I thought this was common knowledge.


----------



## brandonwh64 (Dec 17, 2012)

slyfox2151 said:


> lol,
> 
> 
> I thought this was common knowledge.



To some people it is not, I know when I first started to deal with DX back when win95 was released, It was hard to stay up to day because they did not have installers quite like this. I just had to get lucky with the newer games I purchased cause some had the installer on the disc.


----------



## Mathragh (Dec 17, 2012)

Just watch out for the Bing Bar that gets installed if you don't pay attention lol


----------



## TheMailMan78 (Dec 17, 2012)

You should always run DirectX update the second you do a clean install. Games will install thier own custom DX files as needed after this.


----------



## 3870x2 (Dec 17, 2012)

Mathragh said:


> Just watch out for the Bing Bar that gets installed if you don't pay attention lol



[√] Are you sure that you want to not install Bing tool bar? not?


----------



## Drone (Dec 17, 2012)

DX is ok.

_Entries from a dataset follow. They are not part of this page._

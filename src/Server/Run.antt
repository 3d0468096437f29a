-- ===== src/Server/Run.antt =====
-- `ChatServer` of chat-server/src/server.rs.
pub mod Permits
use simple_chat_ddn.Common.{
  ℕ, zero, suc, ◌+◌, ◌-◌, Result, ok, err, List, [], ◌∷◌, Bool, true, false, Option, none, some,
}
use simple_chat_ddn.Common.Text.{Text}
use simple_chat_ddn.Core.MessageCache
use simple_chat_ddn.Core.MessageCache.{MessageCache}
use simple_chat_ddn.Server.Runtime.{Runtime}
use simple_chat_ddn.Server.Pool.{BroadcastPool, shutdown}
use simple_chat_ddn.Server.Pool

pub record ChatServer {W : Type 0} (rt : Runtime W) : Type 0 where
  pub max_connections : ℕ
  pub broadcast_pool : BroadcastPool rt
  pub cache : MessageCache

abbrev pub channel_capacity : ℕ
channel_capacity = 10_000

abbrev pub cache_capacity : ℕ
cache_capacity = 100_000

-- `channel` is `broadcast::channel`, from its capacity to the sender.
unfoldable pub new :
    {W : Type 0} {rt : Runtime W} → (ℕ → rt.Sender) → rt.Executor → ℕ → ChatServer rt
unfolding Pool.new MessageCache.new
new channel executor max_connections = record {
  broadcast_pool = Pool.new (channel channel_capacity) executor;
  cache = MessageCache.new cache_capacity;
  max_connections = max_connections;
}

-- `run`: it listens, or has accepted a connection and waits for a permit, or waits in a
-- `shutdown` that does not return, or has returned.
pub data Phase : Type 0 where
  listening acquiring closing_down returned : Phase

-- A branch that `select!` takes, or `finish`: a handler that returns and drops its permit. While
-- `run` does not listen it takes no branch: what comes then is looked at when it listens again.
pub data Event : Type 0 where
  shutdown_signal connection accept_error finish : Event

-- The permits that are free, and the handlers that run.
pub record Listener {W : Type 0} (rt : Runtime W) : Type 0 where
  pub server : ChatServer rt
  pub phase : Phase
  pub permits : ℕ
  pub handlers : ℕ

module _ {W : Type 0} {rt : Runtime W} where
  -- `Semaphore::new(self.max_connections)`
  unfoldable pub listen : ChatServer rt → Listener rt
  listen server = record {
    server = server;
    phase = listening;
    permits = server.max_connections;
    handlers = 0;
  }

  -- `acquire_owned().await`, and the handler that is spawned with the permit.
  unfoldable pub acquire : ℕ → Listener rt → Listener rt
  acquire zero s = record s { phase = acquiring }
  acquire (suc free) s = record s { phase = listening; permits = free; handlers = suc s.handlers }

  -- A handler that returns frees its permit.
  unfoldable pub release : ℕ → Listener rt → Listener rt
  release zero s = s
  release (suc n) s = record s { handlers = n; permits = suc s.permits }

  -- A permit that comes free goes to the connection that waits for it.
  unfoldable pub resume : Phase → Listener rt → Listener rt
  unfolding acquire
  resume acquiring s = acquire s.permits s
  resume listening s = s
  resume closing_down s = s
  resume returned s = s

  unfoldable pub closing : Listener rt → Option (BroadcastPool rt) → Listener rt
  closing s none = record s { phase = closing_down }
  closing s (some pool) = record s {
    phase = returned;
    server = record s.server { broadcast_pool = pool };
  }

  unfoldable pub on_event : (Text → Bool) → Phase → Event → Listener rt → Listener rt
  unfolding acquire release resume closing
  on_event blocks listening shutdown_signal s = closing s (shutdown blocks s.server.broadcast_pool)
  on_event blocks listening connection s = acquire s.permits s
  on_event blocks listening accept_error s = s
  on_event blocks phase finish s = resume phase (release s.handlers s)
  on_event blocks acquiring _ s = s
  on_event blocks closing_down _ s = s
  on_event blocks returned _ s = s

  unfoldable pub step : (Text → Bool) → Event → Listener rt → Listener rt
  unfolding on_event
  step blocks e s = on_event blocks s.phase e s

  unfoldable pub run : (Text → Bool) → List Event → Listener rt → Listener rt
  unfolding step
  run blocks [] s = s
  run blocks (e ∷ es) s = run blocks es (step blocks e s)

I remember some games even require Visual C redist, games for windows live, physx and other crapola. IIRC old far cry required _.net framework 1.1_. lol!


----------



## brandonwh64 (Dec 17, 2012)

Drone said:


> DX is ok. I remember some games even require Visual C redist, games for windows live, physx and other crapola. IIRC old far cry required _.net framework 1.1_. lol!

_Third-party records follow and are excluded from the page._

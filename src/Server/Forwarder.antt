-- ===== src/Server/Forwarder.antt =====
-- chat-server/src/broadcast.rs once more: the task of a dispatcher from one wait to the next. Where
-- Server/Dispatcher runs it against a list of events, here it takes what it receives from the
-- channel, and the cached encoder of chat-core/src/protocol.rs is taken apart at its waits for the
-- lock of the cache, so that others may run there.
pub mod Progress
pub mod Faithful
pub mod Turns
pub mod Polls
pub mod Alone
pub mod CatchingUp
pub mod Returns
use simple_chat_ddn.Common.{
  ℕ, suc, ◌+◌, ◌≤◌, ◌<◌, ◌≡◌, Result, ok, err, map_err, Option, none, some, List, length, get_elem?,
  if◌then◌else◌,
}
use simple_chat_ddn.Common.Text.{Text, Bytes}
use simple_chat_ddn.Core.Error.{ApplicationError, encoding}
use simple_chat_ddn.Core.Bincode.{Codec}
use simple_chat_ddn.Core.Stream.{Writer}
use simple_chat_ddn.Core.Message.Server.{ServerMessage, SharedServerMessage}
use simple_chat_ddn.Core.MessageCache.{StdHash, MessageCache, get, put, hash_message}
use simple_chat_ddn.Core.Protocol.{encode_message}
use simple_chat_ddn.Core.Transport.{write_frame, write_message_to_stream}
use simple_chat_ddn.Server.Dispatcher.{Dispatcher, is_own, shared_codec, welcome, good_bye}
use simple_chat_ddn.Server.Run.{channel_capacity}
use simple_chat_ddn.Server.Runtime.{Runtime, IsRuntime}

-- tokio's `RecvError`.
pub data RecvError : Type 0 where
  lagged : ℕ → RecvError
  closed : RecvError

-- `Receiver::recv`: a result, or none while there is nothing to receive.
pub record Receiving {W : Type 0} (rt : Runtime W) : Type 0 where
  pub recv : rt.Receiver → rt.Sender → Option (Result RecvError SharedServerMessage) × rt.Receiver

-- A receiver gets the message at its position, and goes on to the next. A receiver that lags skips
-- as many messages as it reports, and only then: it is more than the capacity behind.
pub record IsReceiving {W : Type 0} {rt : Runtime W} (l : IsRuntime rt) (rc : Receiving rt)
    : Type 0 where
  pub recv_ok :
      (x : rt.Receiver) (c : rt.Sender) {m : SharedServerMessage}
      → (rc.recv x c).0 ≡ some (ok m)
      → (get_elem? (l.sent c) (l.start x) ≡ some m) × (l.start (rc.recv x c).1 ≡ suc (l.start x))
  pub recv_lagged :
      (x : rt.Receiver) (c : rt.Sender) {n : ℕ}
      → (rc.recv x c).0 ≡ some (err (lagged n))
      → (l.start (rc.recv x c).1 ≡ l.start x + n)
        × (l.start (rc.recv x c).1 ≤ length (l.sent c))
        × (l.start x + channel_capacity < length (l.sent c))
  pub recv_closed :
      (x : rt.Receiver) (c : rt.Sender)
      → (rc.recv x c).0 ≡ some (err closed)
      → l.start (rc.recv x c).1 ≡ l.start x
  pub recv_none :
      (x : rt.Receiver) (c : rt.Sender)
      → (rc.recv x c).0 ≡ none
      → l.start (rc.recv x c).1 ≡ l.start x

-- Where a task waits: before its first turn, in `rec.recv()`, in `cache.get(hash)`, in
-- `cache.put(hash, ..)`, and in `writer.write_all(&frame)`.
pub data Wait : Type 0 where
  starting receiving : Wait
  fetching : (message : SharedServerMessage) (hash : ℕ) → Wait
  storing : (hash : ℕ) (frame_bytes : Bytes) → Wait
  writing : (frame_bytes : Bytes) → Wait
  finished : Result ApplicationError (Unit {0}) → Wait

pub record Forwarder (Rx W : Type 0) : Type 0 where
  pub rec : Rx
  pub channel_owner : Text
  pub writer : W
  pub wait : Wait

-- A task that was spawned and has not run yet.
unfoldable pub begin : {Rx W : Type 0} → Dispatcher Rx W → Forwarder Rx W
begin d = record {
  rec = d.rec;
  channel_owner = d.channel_owner;
  writer = d.writer;
  wait = starting;
}

-- `?` after the welcome or a forwarded frame.
pub go_on : Result ApplicationError (Unit {0}) → Wait
go_on (ok _) = receiving
go_on (err e) = finished (err e)

-- After `hash_message`, after `encode_message`, and after `cache.get`.
pub hashed : SharedServerMessage → Result ApplicationError ℕ → Wait
hashed message (ok hash) = fetching message hash
hashed message (err e) = finished (err e)

encoded : ℕ → Result ApplicationError Bytes → Wait
encoded hash (ok frame_bytes) = storing hash frame_bytes
encoded hash (err e) = finished (err e)

module _ ⦃c : Codec ServerMessage⦄ where
  pub looked_up : SharedServerMessage → ℕ → Option Bytes → Wait
  unfolding encoded
  looked_up message hash (some cached) = writing cached
  looked_up message hash none = encoded hash (encode_message message)

  module _ {Rx W : Type 0} ⦃w : Writer W⦄ ⦃h : StdHash⦄ where
    -- After `rec.recv()`.
    got : Option (Result RecvError SharedServerMessage) → Forwarder Rx W → Forwarder Rx W
    unfolding hashed
    got none f = record f { wait = receiving }
    got (some (ok message)) f = record f {
      wait =
          if is_own f.channel_owner message
          then receiving
          else hashed message (map_err encoding (hash_message message));
    }
    got (some (err (lagged n))) f = record f { wait = receiving }
    got (some (err closed)) f =
        let (result, writer) = write_message_to_stream f.writer (good_bye f.channel_owner) in
        record f { writer = writer; wait = finished result }

module _ {W : Type 0} {rt : Runtime W} (rc : Receiving rt) ⦃c : Codec ServerMessage⦄ ⦃w : Writer W⦄
    ⦃h : StdHash⦄ where
  -- The turn of a task that waits there.
  poll_at :
      Wait
      → Forwarder rt.Receiver W
      → rt.Sender
      → MessageCache
      → Forwarder rt.Receiver W × MessageCache
  unfolding go_on looked_up got
  poll_at starting f channel cache =
      let (result, writer) = write_message_to_stream f.writer (welcome f.channel_owner) in
      (record f { writer = writer; wait = go_on result }, cache)
  poll_at receiving f channel cache =
      let (result, rec) = rc.recv f.rec channel in (got result (record f { rec = rec }), cache)
  poll_at (fetching message hash) f channel cache =
      (record f { wait = looked_up message hash (get hash cache) }, cache)
  poll_at (storing hash frame_bytes) f channel cache =
      (record f { wait = writing frame_bytes }, put hash frame_bytes cache)
  poll_at (writing frame_bytes) f channel cache =
      let (result, writer) = write_frame (ok frame_bytes) f.writer in
      (record f { writer = writer; wait = go_on result }, cache)
  poll_at (finished result) f channel cache = (record f { wait = finished result }, cache)

  -- One turn of the task, to its next wait.
  unfoldable pub poll :
      Forwarder rt.Receiver W → rt.Sender → MessageCache → Forwarder rt.Receiver W × MessageCache
  unfolding poll_at
  poll f channel cache = poll_at f.wait f channel cache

I know some games on my steam list still try to install that visual C++ crap when I start them up even though C++ is already installed. I do miss far cry 1 though.


----------



## erixx (Dec 17, 2012)

My first Windows 8 install (retail) / drivers / games had this problem of missing files, and NOTHING whatsoever solution like those gratuitously posted by Mussels etc were able to get DirectX working, most games with very few exceptions ended with an error a second after launching them.

Reinstalled windows from scratch and never saw it again


----------



## Drone (Dec 17, 2012)

Overview For Each Feature Level (directx 9.1-11.1)

This could be added to the OP. Describes differences and features in directx


----------